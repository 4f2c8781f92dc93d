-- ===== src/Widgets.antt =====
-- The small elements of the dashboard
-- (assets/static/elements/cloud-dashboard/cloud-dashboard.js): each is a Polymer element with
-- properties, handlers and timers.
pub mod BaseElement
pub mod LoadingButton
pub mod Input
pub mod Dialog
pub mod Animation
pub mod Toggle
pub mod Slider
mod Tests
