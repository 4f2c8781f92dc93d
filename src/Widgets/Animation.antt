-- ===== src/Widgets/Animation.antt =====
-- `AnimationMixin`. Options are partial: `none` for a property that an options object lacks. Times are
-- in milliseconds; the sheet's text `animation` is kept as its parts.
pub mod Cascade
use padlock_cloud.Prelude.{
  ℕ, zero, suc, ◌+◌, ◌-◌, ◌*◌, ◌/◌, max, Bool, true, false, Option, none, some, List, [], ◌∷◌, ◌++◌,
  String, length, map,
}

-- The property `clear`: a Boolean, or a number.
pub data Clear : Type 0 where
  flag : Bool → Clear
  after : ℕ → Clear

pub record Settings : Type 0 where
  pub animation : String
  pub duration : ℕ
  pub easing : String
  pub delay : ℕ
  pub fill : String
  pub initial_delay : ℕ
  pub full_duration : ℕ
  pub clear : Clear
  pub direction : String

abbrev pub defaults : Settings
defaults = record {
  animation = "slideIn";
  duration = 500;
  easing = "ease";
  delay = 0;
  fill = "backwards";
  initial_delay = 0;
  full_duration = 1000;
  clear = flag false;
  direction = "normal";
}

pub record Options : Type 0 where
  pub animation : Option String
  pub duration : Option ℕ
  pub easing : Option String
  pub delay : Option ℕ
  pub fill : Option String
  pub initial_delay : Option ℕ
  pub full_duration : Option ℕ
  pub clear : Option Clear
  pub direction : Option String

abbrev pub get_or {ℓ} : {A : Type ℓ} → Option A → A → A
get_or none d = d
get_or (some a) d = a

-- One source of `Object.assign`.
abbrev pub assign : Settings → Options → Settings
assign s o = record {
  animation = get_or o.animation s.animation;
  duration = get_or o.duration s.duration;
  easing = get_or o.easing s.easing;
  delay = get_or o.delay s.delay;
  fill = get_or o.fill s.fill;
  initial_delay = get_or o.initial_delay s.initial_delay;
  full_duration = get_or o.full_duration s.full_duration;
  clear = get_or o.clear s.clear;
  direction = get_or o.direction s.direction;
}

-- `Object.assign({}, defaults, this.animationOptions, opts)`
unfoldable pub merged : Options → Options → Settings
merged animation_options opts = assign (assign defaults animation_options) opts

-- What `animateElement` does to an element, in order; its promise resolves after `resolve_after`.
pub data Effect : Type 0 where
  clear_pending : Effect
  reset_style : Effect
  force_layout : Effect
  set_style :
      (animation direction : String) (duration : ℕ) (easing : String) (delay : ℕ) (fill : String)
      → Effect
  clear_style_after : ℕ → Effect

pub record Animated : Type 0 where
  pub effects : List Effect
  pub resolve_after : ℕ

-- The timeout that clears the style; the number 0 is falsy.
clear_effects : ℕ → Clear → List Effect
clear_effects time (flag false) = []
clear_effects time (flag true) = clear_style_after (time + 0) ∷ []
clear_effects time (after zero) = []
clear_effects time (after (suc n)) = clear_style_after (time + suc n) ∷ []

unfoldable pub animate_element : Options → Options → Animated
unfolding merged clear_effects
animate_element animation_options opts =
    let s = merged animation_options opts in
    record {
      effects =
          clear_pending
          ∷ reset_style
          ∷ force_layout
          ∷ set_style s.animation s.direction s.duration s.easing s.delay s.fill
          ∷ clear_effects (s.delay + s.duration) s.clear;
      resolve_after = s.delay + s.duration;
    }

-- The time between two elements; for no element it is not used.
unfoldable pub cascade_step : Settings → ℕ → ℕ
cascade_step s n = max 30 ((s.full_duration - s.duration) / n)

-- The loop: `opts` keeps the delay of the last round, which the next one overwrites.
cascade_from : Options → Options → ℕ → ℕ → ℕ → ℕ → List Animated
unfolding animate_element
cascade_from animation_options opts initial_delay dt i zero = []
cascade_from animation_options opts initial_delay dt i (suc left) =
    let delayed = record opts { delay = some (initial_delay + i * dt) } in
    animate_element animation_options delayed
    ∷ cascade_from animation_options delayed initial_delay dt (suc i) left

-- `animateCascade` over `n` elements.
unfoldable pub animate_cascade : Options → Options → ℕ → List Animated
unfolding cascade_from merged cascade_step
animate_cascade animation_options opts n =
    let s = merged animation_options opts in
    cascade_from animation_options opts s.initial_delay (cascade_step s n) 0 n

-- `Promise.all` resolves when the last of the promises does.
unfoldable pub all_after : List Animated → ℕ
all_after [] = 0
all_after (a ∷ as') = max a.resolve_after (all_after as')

### WORK REQUEST:
Copy the stretch of the records above that runs from the line with "clear = get_or o.clear s.clear;" through the line with "an element, in". Both end lines belong in the copy, and nothing else does.

### RESPONSE:
  clear = get_or o.clear s.clear;
  direction = get_or o.direction s.direction;
}

-- `Object.assign({}, defaults, this.animationOptions, opts)`
unfoldable pub merged : Options → Options → Settings
merged animation_options opts = assign (assign defaults animation_options) opts

-- What `animateElement` does to an element, in order; its promise resolves after `resolve_after`.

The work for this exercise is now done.